DESCRIPTION OF THE TASK> In the listing below, locate the line that contains "fresh-less [] x" and the line that contains "unfolding visit_all". Restate word for word those two lines and every line between them, and nothing else.

THE RECORDS>

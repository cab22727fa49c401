-- ===== src/Policy/Fuel.antt =====
-- The depth-first search of backend/app/policy.py ends within its fuel.
use shou_ba_shou_jiaoxue_ai.Prelude.{
  ℕ, zero, suc, ◌≤◌, ◌<◌, String, ◌≡◌, refl, ◌≢◌, inl, inr, true, false, List, [], ◌∷◌, arith,
  if◌then◌else◌, ==_iff, Bool-cases, length, contains,
}
use shou_ba_shou_jiaoxue_ai.Policy.Cycle.{
  Entry, has_key, needs_of, Visit, cycle, done, out_of_fuel, visit, visit_all,
}

module _ (d : List Entry) where
  -- The steps that are not on the path.
  unfoldable pub fresh : List Entry → List String → ℕ
  fresh [] visiting = 0
  fresh (e ∷ es) visiting =
      let rest = fresh es visiting in if contains visiting e.id then rest else suc rest

  fresh-less :
      (es : List Entry) (x : String) (visiting : List String)
      → (fresh es (x ∷ visiting) ≤ fresh es visiting)
        × (has_key es x ≡ true
            → contains visiting x ≡ false
            → fresh es (x ∷ visiting) < fresh es visiting)
  unfolding fresh contains has_key
  fresh-less [] x visiting = (ground arith, λ h. ground arith)
  fresh-less (e ∷ es) x visiting =
      let (l, s) = fresh-less es x visiting in
      (ground (arith, l), λ h new. ground (arith, l, s, ==_iff x e.id, ==_iff e.id x))

  pub fresh-bound : (es : List Entry) → fresh es [] ≤ length es
  unfolding fresh contains
  fresh-bound [] = ground arith
  fresh-bound (e ∷ es) = ground (arith, fresh-bound es)

  pub visit_all-fueled :
      (f : List String → String → Visit) (ks : List String)
      → ((visited : List String) (k : String) → has_key d k ≡ true → f visited k ≢ out_of_fuel)
      → (visited : List String) → visit_all d f visited ks ≢ out_of_fuel
  unfolding visit_all
  visit_all-fueled f [] ends visited h = ground arith
  visit_all-fueled f (k ∷ ks) ends visited h = elim (Bool-cases (has_key d k)) [
    | inr outside ↦ visit_all-fueled f ks ends visited (ground (arith, outside, h))
    | inl known ↦ go (f visited k) refl known (λ w. visit_all-fueled f ks ends w)
  ]
    where
      go :
          (m : Visit)
          → f visited k ≡ m
          → has_key d k ≡ true
          → ((w : List String) → visit_all d f w ks ≢ out_of_fuel)
          → ⊥
      go cycle e known rest = ground (arith, e, known, h)
      go out_of_fuel e known rest = ends visited k known e
      go (done w) e known rest = rest w (ground (arith, e, known, h))

  -- Fuel beyond the number of steps off the path is enough.
  pub visit-fueled :
      (n : ℕ) (visiting visited : List String) (x : String)
      → has_key d x ≡ true
      → fresh d visiting < n
      → visit n d visiting visited x ≢ out_of_fuel
  unfolding visit
  visit-fueled zero visiting visited x key l h = omega (arith, l)
  visit-fueled (suc n) visiting visited x key l h = elim (Bool-cases (contains visiting x)) [
    | inl loop ↦ ground arith
    | inr new ↦
        visit_all-fueled (visit n d (x ∷ visiting)) (needs_of d x)
          (λ w k known.
            visit-fueled n (x ∷ visiting) w k known
              (omega (arith, (fresh-less d x visiting).1 key new, l)))
          visited (ground arith)
  ]
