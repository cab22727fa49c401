-- ===== src/Policy/Exact.antt =====
-- What `_has_cycle` of backend/app/policy.py decides.
use shou_ba_shou_jiaoxue_ai.Prelude.{
  suc, String, ◌≡◌, refl, ◌∙◌, ◌↔◌, ◌⊎◌, inl, inr, true, false, List, [], ◌∷◌, arith, length,
  contains,
}
use shou_ba_shou_jiaoxue_ai.Schemas.{PlanStep}
use shou_ba_shou_jiaoxue_ai.Policy.Cycle.{
  Entry, dependencies, has_key, Visit, cycle, done, out_of_fuel, visit, keys, search, is_cycle,
  has_cycle,
}
use shou_ba_shou_jiaoxue_ai.Policy.Acyclic.{
  Grounded, Cyclic, Grounded-irrefl, Reaches-key, AllReach, visit_all-Grounded, visit-Grounded,
  visit_all-Cyclic, visit-Cyclic,
}
use shou_ba_shou_jiaoxue_ai.Policy.Fuel.{fresh-bound, visit_all-fueled, visit-fueled}

module _ (d : List Entry) where
  has_key-keys : (es : List Entry) (k : String) → contains (keys es) k ≡ has_key es k
  unfolding has_key contains
  has_key-keys [] k = refl
  has_key-keys (e ∷ es) k = ground (arith, has_key-keys es k)

  -- The search always ends, by a loop or with every step grounded.
  pub search-cases :
      ((search d ≡ cycle) × Cyclic d)
      ⊎ ((is_cycle (search d) ≡ false) × ((k : String) → has_key d k ≡ true → Grounded d k))
  unfolding search is_cycle contains AllReach
  search-cases = go (search d) refl
    where
      go :
          (m : Visit)
          → search d ≡ m
          → ((search d ≡ cycle) × Cyclic d)
            ⊎ ((is_cycle (search d) ≡ false) × ((k : String) → has_key d k ≡ true → Grounded d k))
      go cycle e = inl (
        e,
        visit_all-Cyclic d (visit (suc (length d)) d []) (keys d)
            (λ w k c key. visit-Cyclic d (suc (length d)) [] w k (λ j. ground arith)) [] e,
      )
      go (done w) e = inr (
        ground (arith, e),
        λ k key.
            (visit_all-Grounded d (visit (suc (length d)) d [])
                (visit-Grounded d (suc (length d)) []) [] (keys d) w e (λ j. ground arith)).1
              k (has_key-keys d k ∙ key) key,
      )
      go out_of_fuel e = absurd (
          visit_all-fueled d (visit (suc (length d)) d []) (keys d)
            (λ w k key. visit-fueled d (suc (length d)) [] w k key (omega (arith, fresh-bound d d)))
            [] e)

-- The check for a cycle is exact, however long the chains of dependencies are: it answers yes
-- if some step of the plan depends on itself through other steps of the plan, and otherwise no, and
-- then every chain of dependencies ends.
pub has_cycle_iff :
    (plan : List PlanStep)
    → ((has_cycle plan ≡ true) ↔ Cyclic (dependencies plan))
      × (has_cycle plan ≡ false
          → (k : String) → has_key (dependencies plan) k ≡ true
          → Grounded (dependencies plan) k)
unfolding has_cycle is_cycle
has_cycle_iff plan = elim (search-cases (dependencies plan)) [
  | inl (e, loop) ↦ ((λ h. loop, λ l. ground (arith, e)), λ h. ground (arith, e))
  | inr (e, ends) ↦ (
    (
      λ h. absurd (ground (arith, e, h)),
      λ l. absurd (Grounded-irrefl (ends l.0 (Reaches-key l.1)) l.1),
    ),
    λ h. ends,
  )
]
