-- ===== src/Policy/Safety.antt =====
-- What a plan that `PolicyCompiler.compile` of backend/app/policy.py accepts satisfies as a whole.
use shou_ba_shou_jiaoxue_ai.Prelude.{
  ◌≤◌, String, ◌≡◌, refl, sym, ap, ◌∙◌, subst, true, false, ◌||◌, Option, none, some, List, [], ◌∷◌,
  ◌++◌, map, arith, ltb, length, contains,
}
use shou_ba_shou_jiaoxue_ai.Schemas.{RiskLevel, risk_weight, PlanStep, PolicyIssue, PolicyDecision}
use shou_ba_shou_jiaoxue_ai.Value.{Fields}
use shou_ba_shou_jiaoxue_ai.Schemas.{cyclic_plan}
use shou_ba_shou_jiaoxue_ai.Policy.Tools.{ToolSpec, spec_of}
use shou_ba_shou_jiaoxue_ai.Texts.{sorted, contains-sorted}
use shou_ba_shou_jiaoxue_ai.Policy.Cycle.{has_cycle, dependencies, has_key}
use shou_ba_shou_jiaoxue_ai.Policy.Acyclic.{Grounded}
use shou_ba_shou_jiaoxue_ai.Policy.Exact.{has_cycle_iff}
use shou_ba_shou_jiaoxue_ai.Policy.Steps.{
  Context, Outcome, flag, is_blank, check_step, accepted_step,
}
use shou_ba_shou_jiaoxue_ai.Policy.Compiler.{
  has_blocking, join, check_steps, compile, plan_issues, has_duplicate, step_id, decision,
}
use shou_ba_shou_jiaoxue_ai.Policy.Legal.{has_blocking-append, has_blocking-flag, contains-add_all}
use shou_ba_shou_jiaoxue_ai.Policy.Accepted.{IsCompiled, accepted_step-IsCompiled}

module _ (model_validate : String → Fields → Option Fields) (c : Context) (ids roles : List String)
    (risk : RiskLevel) where
  -- Step by step, in order.
  abbrev pub AllCompiled : List PlanStep → List PlanStep → Type 0
  AllCompiled [] [] = Unit
  AllCompiled (s ∷ plan) (s' ∷ steps) =
      IsCompiled model_validate c ids roles risk s s' × AllCompiled plan steps
  AllCompiled _ _ = ⊥

  -- A pass that found nothing blocking has compiled its step.
  check_step-IsCompiled :
      (step : PlanStep)
      → has_blocking (check_step model_validate c ids step).issues ≡ false
      → ((r : String)
          → contains (check_step model_validate c ids step).roles r ≡ true
          → contains roles r ≡ true)
      → risk_weight (check_step model_validate c ids step).risk ≤ risk_weight risk
      → (s' : PlanStep) × ((check_step model_validate c ids step).steps ≡ s' ∷ [])
        × IsCompiled model_validate c ids roles risk step s'
  unfolding check_step has_blocking
  check_step-IsCompiled step h held strong =
      go (spec_of step.tool_name) refl (model_validate step.tool_name step.tool_input) refl
    where
      Goal : Type 0
      Goal =
          (s' : PlanStep) × ((check_step model_validate c ids step).steps ≡ s' ∷ [])
          × IsCompiled model_validate c ids roles risk step s'

      go :
          (o : Option ToolSpec)
          → spec_of step.tool_name ≡ o
          → (v : Option Fields) → model_validate step.tool_name step.tool_input ≡ v
          → Goal
      go none s v e = absurd (ground (arith, s, h))
      go (some spec) s none e = absurd (ground (arith, s, e, h))
      go (some spec) s (some input) e =
          let same : check_step model_validate c ids step
              ≡ accepted_step model_validate c ids step spec input =
            rw (s, e, check_step) in
          (
            _,
            ap (λ (o : Outcome). o.steps) same,
            accepted_step-IsCompiled model_validate c ids roles risk step spec input s e
                (ap (λ (o : Outcome). has_blocking o.issues) (sym same) ∙ h)
                (λ r t. held r (ap (λ (o : Outcome). contains o.roles r) same ∙ t))
                (subst (λ (o : Outcome). risk_weight o.risk ≤ risk_weight risk) same strong),
          )

  check_steps-AllCompiled :
      (plan : List PlanStep) (digest : List PlanStep → String)
      → has_blocking (check_steps model_validate digest c ids plan).issues ≡ false
      → ((r : String)
          → contains (check_steps model_validate digest c ids plan).roles r ≡ true
          → contains roles r ≡ true)
      → risk_weight (check_steps model_validate digest c ids plan).risk ≤ risk_weight risk
      → AllCompiled plan (check_steps model_validate digest c ids plan).steps
  unfolding check_steps join
  check_steps-AllCompiled [] digest h held strong = tt
  check_steps-AllCompiled (s ∷ plan) digest h held strong =
      let first = check_step model_validate c ids s in
      let rest = check_steps model_validate digest c ids plan in
      let split = has_blocking-append first.issues rest.issues in
      let (s', e, here) =
        check_step-IsCompiled s (ground (arith, h, split))
          (λ r t. held r (ground (arith, contains-add_all r first.roles rest.roles, t)))
          (ground (arith, strong)) in
      subst (λ xs. AllCompiled (s ∷ plan) (xs ++ rest.steps)) (sym e)
        (
          here,
          check_steps-AllCompiled plan digest (ground (arith, h, split))
              (λ r t. held r (ground (arith, contains-add_all r first.roles rest.roles, t)))
              (ground (arith, strong)),
        )

-- A plan with its compiled form and the decision on it.
pub record IsAccepted (model_validate : String → Fields → Option Fields)
    (plan_digest : List PlanStep → String) (c : Context) (plan compiled : List PlanStep)
    (d : PolicyDecision) : Type 0 where
  pub nonempty : is_blank plan ≡ false
  pub short : length plan ≤ c.max_steps
  pub distinct : has_duplicate plan ≡ false
  pub steps :
      AllCompiled model_validate c
        (map step_id plan)
        d.required_roles
        d.effective_risk
        plan
        compiled
  pub ends :
      (k : String) → has_key (dependencies compiled) k ≡ true → Grounded (dependencies compiled) k
  pub hashed : d.plan_hash ≡ some (plan_digest compiled)

has_blocking-plan_issues :
    (c : Context) (plan : List PlanStep)
    → has_blocking (plan_issues c plan)
      ≡ is_blank plan || (ltb c.max_steps (length plan) || has_duplicate plan)
unfolding plan_issues
has_blocking-plan_issues c plan = simp (has_blocking-append, has_blocking-flag)

decision-accepts :
    (model_validate : String → Fields → Option Fields) (plan_digest : List PlanStep → String)
    (issues : List PolicyIssue) (out : Outcome)
    → has_blocking issues ≡ false
    → decision model_validate plan_digest issues out ≡ record {
      accepted = true;
      plan_hash = some (plan_digest out.steps);
      effective_risk = out.risk;
      required_roles = sorted out.roles;
      issues = issues;
    }
unfolding decision
decision-accepts model_validate plan_digest issues out h = rw (h, decision)

-- When the compiler accepts a plan, the plan is not empty nor too long, its ids are distinct, every
-- chain of dependencies among its compiled steps ends, and the hash is the digest of just those steps.
-- Each step is compiled in place to one with the validated input and the stronger of the two risks:
-- its tool is registered, its input valid and bound to the incident's experiment, its evidence known;
-- it writes only outside an investigation and only on an observation; its dependencies are in the
-- plan; a rollback by tool is its own tool, allowed, valid and bound. The roles that the decision
-- requires include each tool's, and its risk is at least each step's and each tool's.
pub compile-IsAccepted :
    (model_validate : String → Fields → Option Fields) (plan_digest : List PlanStep → String)
    (c : Context) (plan : List PlanStep)
    → (compile model_validate plan_digest c plan).1.accepted ≡ true
    → IsAccepted model_validate plan_digest c plan
        (compile model_validate plan_digest c plan).0
        (compile model_validate plan_digest c plan).1
unfolding compile decision plan_issues
compile-IsAccepted model_validate plan_digest c plan h =
    let out = check_steps model_validate plan_digest c (map step_id plan) plan in
    let whole = plan_issues c plan in
    let issues = whole ++ (out.issues ++ flag (has_cycle out.steps) cyclic_plan none) in
    let clean : has_blocking issues ≡ false = ground (arith, h) in
    let split =
      has_blocking-append whole (out.issues ++ flag (has_cycle out.steps) cyclic_plan none) in
    let split' = has_blocking-append out.issues (flag (has_cycle out.steps) cyclic_plan none) in
    let loop = has_blocking-flag (has_cycle out.steps) cyclic_plan none in
    let whole_lem = has_blocking-plan_issues c plan in
    let parts : (has_blocking whole ≡ false)
        × (has_blocking out.issues ≡ false)
        × (has_cycle out.steps ≡ false) =
      (
        ground (arith, clean, split),
        ground (arith, clean, split, split'),
        ground (arith, clean, split, split', loop),
      ) in
    subst (IsAccepted model_validate plan_digest c plan out.steps)
      (sym (decision-accepts model_validate plan_digest issues out clean))
      (record {
        nonempty = ground (arith, parts.0, whole_lem);
        short = ground (arith, parts.0, whole_lem);
        distinct = ground (arith, parts.0, whole_lem);
        steps =
            check_steps-AllCompiled model_validate c (map step_id plan) (sorted out.roles) out.risk
              plan plan_digest parts.1 (λ r t. contains-sorted r out.roles ∙ t) (omega arith);
        ends = (has_cycle_iff out.steps).1 parts.2;
        hashed = refl;
      })
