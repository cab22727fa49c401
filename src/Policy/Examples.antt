-- ===== src/Policy/Examples.antt =====
-- The plan compiler of backend/app/policy.py on a plan of two steps.
use shou_ba_shou_jiaoxue_ai.Prelude.{
  String, ◌≡◌, refl, ◌↔◌, true, false, Option, none, some, List, [], ◌∷◌, ◌==◌, contains,
}
use shou_ba_shou_jiaoxue_ai.Schemas.{Check, RollbackMode, PlanStep}
use shou_ba_shou_jiaoxue_ai.Value.{Fields, str, end, field, int, get}
use shou_ba_shou_jiaoxue_ai.Schemas.{low, eq}
use shou_ba_shou_jiaoxue_ai.Store.Table.{find}
use shou_ba_shou_jiaoxue_ai.Security.Roles.{includes, meets}
use shou_ba_shou_jiaoxue_ai.Policy.Tools.{spec_of, tool_registry, effective_risk, stronger}
use shou_ba_shou_jiaoxue_ai.Policy.Cycle.{
  has_cycle, dependencies, has_key, needs_of, visit, visit_all, search, is_cycle, set_entry,
}
use shou_ba_shou_jiaoxue_ai.Policy.Acyclic.{Cyclic, Grounded}
use shou_ba_shou_jiaoxue_ai.Policy.Exact.{has_cycle_iff}
use shou_ba_shou_jiaoxue_ai.Policy.Steps.{
  Context, remediation, required_observation_fields, is_unbound, observes, step_issues, risk_issues,
  checked_rollback, rollback_of, accepted_step, check_step, with_rollback_role, with_rollback_risk,
}
use shou_ba_shou_jiaoxue_ai.Policy.Compiler.{
  compile, decision, check_steps, plan_issues, has_blocking, has_duplicate, add_all, join,
}
use shou_ba_shou_jiaoxue_ai.Policy.Safety.{IsAccepted, compile-IsAccepted}

-- Every input is valid, and every plan has one digest.
abbrev validates : String → Fields → Option Fields
validates name input = some input

abbrev digest : List PlanStep → String
digest plan = "sha256"

abbrev succeeds : List Check
succeeds =
    record { name = "__result_status__"; operator = eq; value = str "succeeded"; description = "" }
    ∷ []

abbrev look : PlanStep
look = record {
  id = "S1";
  tool_name = "query_metrics";
  tool_input = field "experiment_id" (str "EXP-ABCDEFGH") end;
  evidence_ids = "OBS-1" ∷ [];
  depends_on = [];
  preconditions = [];
  success_criteria = succeeds;
  rollback = record { mode = RollbackMode.manual; tool_name = none; tool_input = end };
  risk = low;
}

abbrev scale : PlanStep
scale = record {
  id = "S2";
  tool_name = "scale_workers";
  tool_input = field "experiment_id" (str "EXP-ABCDEFGH") end;
  evidence_ids = "OBS-1" ∷ [];
  depends_on = "S1" ∷ [];
  preconditions = [];
  success_criteria = succeeds;
  rollback = record {
    mode = RollbackMode.tool;
    tool_name = some "scale_workers";
    tool_input = field "experiment_id" (str "EXP-ABCDEFGH") end;
  };
  risk = low;
}

abbrev two_steps : List PlanStep
two_steps = look ∷ scale ∷ []

abbrev context : Context
context = record {
  max_steps = 12;
  phase = remediation;
  allowed_evidence_ids = "OBS-1" ∷ [];
  observation_ids = "OBS-1" ∷ [];
  experiment_id = some "EXP-ABCDEFGH";
  observation_context = field "queue_depth" (int 40) end;
}

two_steps_pass : (compile validates digest context two_steps).1.accepted ≡ true
unfolding compile decision check_steps plan_issues has_blocking has_duplicate add_all join
    check_step accepted_step rollback_of checked_rollback step_issues risk_issues is_unbound
    observes required_observation_fields with_rollback_role with_rollback_risk spec_of tool_registry
    effective_risk stronger find includes meets contains has_cycle dependencies has_key needs_of
    visit visit_all search is_cycle set_entry get ◌==◌
two_steps_pass = refl

compile-IsAccepted_example :
    IsAccepted validates digest context two_steps
      (compile validates digest context two_steps).0
      (compile validates digest context two_steps).1
compile-IsAccepted_example = compile-IsAccepted validates digest context two_steps two_steps_pass

has_cycle_iff_example :
    ((has_cycle two_steps ≡ true) ↔ Cyclic (dependencies two_steps))
    × (has_cycle two_steps ≡ false
        → (k : String) → has_key (dependencies two_steps) k ≡ true
        → Grounded (dependencies two_steps) k)
has_cycle_iff_example = has_cycle_iff two_steps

SOLUTION TO THIS EXERCISE>
  fresh-less [] x visiting = (ground arith, λ h. ground arith)
  fresh-less (e ∷ es) x visiting =
      let (l, s) = fresh-less es x visiting in
      (ground (arith, l), λ h new. ground (arith, l, s, ==_iff x e.id, ==_iff e.id x))

  pub fresh-bound : (es : List Entry) → fresh es [] ≤ length es
  unfolding fresh contains
  fresh-bound [] = ground arith
  fresh-bound (e ∷ es) = ground (arith, fresh-bound es)

  pub visit_all-fueled :
      (f : List String → String → Visit) (ks : List String)
      → ((visited : List String) (k : String) → has_key d k ≡ true → f visited k ≢ out_of_fuel)
      → (visited : List String) → visit_all d f visited ks ≢ out_of_fuel
  unfolding visit_all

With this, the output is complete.